> _EXERCISE GOAL_:
Among the records that follow, find the line with "is_ok (err e) = false" and the line with "abbrev pub written". Set down those lines and all lines between them exactly, without adding anything.
START DATA
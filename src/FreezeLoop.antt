-- ===== src/FreezeLoop.antt =====
-- crates/app/src-tauri/src/freeze.rs: the events of a freeze task and of a read probe of the desktop
-- application, tick by tick. The write or the read of the feature is its result.
pub mod Edges
pub mod Examples
use openforge_aio.Prelude.{
  ℕ, Bool, true, false, not, Option, none, some, List, [], ◌∷◌, ◌++◌, max, if◌then◌else◌,
}
use openforge_aio.Prelude.Result.{Result, ok, err}
use openforge_aio.Prelude.Text.{Text, codes}

module _ (Value Error : Type 0) where
  pub data Event : Type 0 where
    -- FeatureChangedEvent
    feature_changed : Value → Event
    -- FeatureFreezeStateEvent: state, hint
    feature_freeze_state : Text → Option Text → Event

abbrev pub is_ok : {E A : Type 0} → Result E A → Bool
is_ok (ok a) = true
is_ok (err e) = false

-- `last_healthy != Some(healthy_now)`
abbrev pub changed : Option Bool → Bool → Bool
changed none now = true
changed (some true) now = not now
changed (some false) now = now

unfoldable pub interval_of : ℕ → ℕ
interval_of interval_ms = max interval_ms 50

module _ {Value Error : Type 0} where
  abbrev pub freeze_state : Bool → Event Value Error
  freeze_state true = feature_freeze_state (codes "active") none
  freeze_state false =
      feature_freeze_state (codes "waiting") (some (codes "Waiting for the level to load…"))

  abbrev pub probe_state : Bool → Event Value Error
  probe_state true = feature_freeze_state (codes "active") none
  probe_state false = feature_freeze_state (codes "waiting") (
      some (codes "Currently unreachable — try entering a level or switching back to a character."))

  abbrev pub written : Value → Result Error (Unit {0}) → List (Event Value Error)
  written desired (ok u) = feature_changed desired ∷ []
  written desired (err e) = []

  abbrev pub value_read : Result Error Value → List (Event Value Error)
  value_read (ok v) = feature_changed v ∷ []
  value_read (err e) = []

  -- The event of a change of the health.
  abbrev pub edge : (Bool → Event Value Error) → Option Bool → Bool → List (Event Value Error)
  edge state last now = if changed last now then state now ∷ [] else []

  -- One round of the loop of `spawn_freeze_task`: the events, and the health.
  unfoldable pub freeze_tick :
      Value → Option Bool → Result Error (Unit {0}) → List (Event Value Error) × Option Bool
  freeze_tick desired last result =
      (written desired result ++ edge freeze_state last (is_ok result), some (is_ok result))

  unfoldable pub probe_once : Option Bool → Result Error Value → List (Event Value Error) × Bool
  probe_once last result = (value_read result ++ edge probe_state last (is_ok result), is_ok result)

  -- The loop over the results of the writes.
  unfoldable pub freeze_task :
      Value → Option Bool → List (Result Error (Unit {0})) → List (Event Value Error)
  unfolding freeze_tick
  freeze_task desired last [] = []
  freeze_task desired last (result ∷ results) =
      let (events, last') = freeze_tick desired last result in
      events ++ freeze_task desired last' results

  -- The loop over the results of the reads.
  unfoldable pub read_probe_task :
      Option Bool → List (Result Error Value) → List (Event Value Error)
  unfolding probe_once
  read_probe_task last [] = []
  read_probe_task last (result ∷ results) =
      let (events, healthy) = probe_once last result in
      events ++ read_probe_task (some healthy) results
END DATA
> _TASK SOLUTION_:
is_ok (err e) = false

-- `last_healthy != Some(healthy_now)`
abbrev pub changed : Option Bool → Bool → Bool
changed none now = true
changed (some true) now = not now
changed (some false) now = now

unfoldable pub interval_of : ℕ → ℕ
interval_of interval_ms = max interval_ms 50

module _ {Value Error : Type 0} where
  abbrev pub freeze_state : Bool → Event Value Error
  freeze_state true = feature_freeze_state (codes "active") none
  freeze_state false =
      feature_freeze_state (codes "waiting") (some (codes "Waiting for the level to load…"))

  abbrev pub probe_state : Bool → Event Value Error
  probe_state true = feature_freeze_state (codes "active") none
  probe_state false = feature_freeze_state (codes "waiting") (
      some (codes "Currently unreachable — try entering a level or switching back to a character."))

  abbrev pub written : Value → Result Error (Unit {0}) → List (Event Value Error)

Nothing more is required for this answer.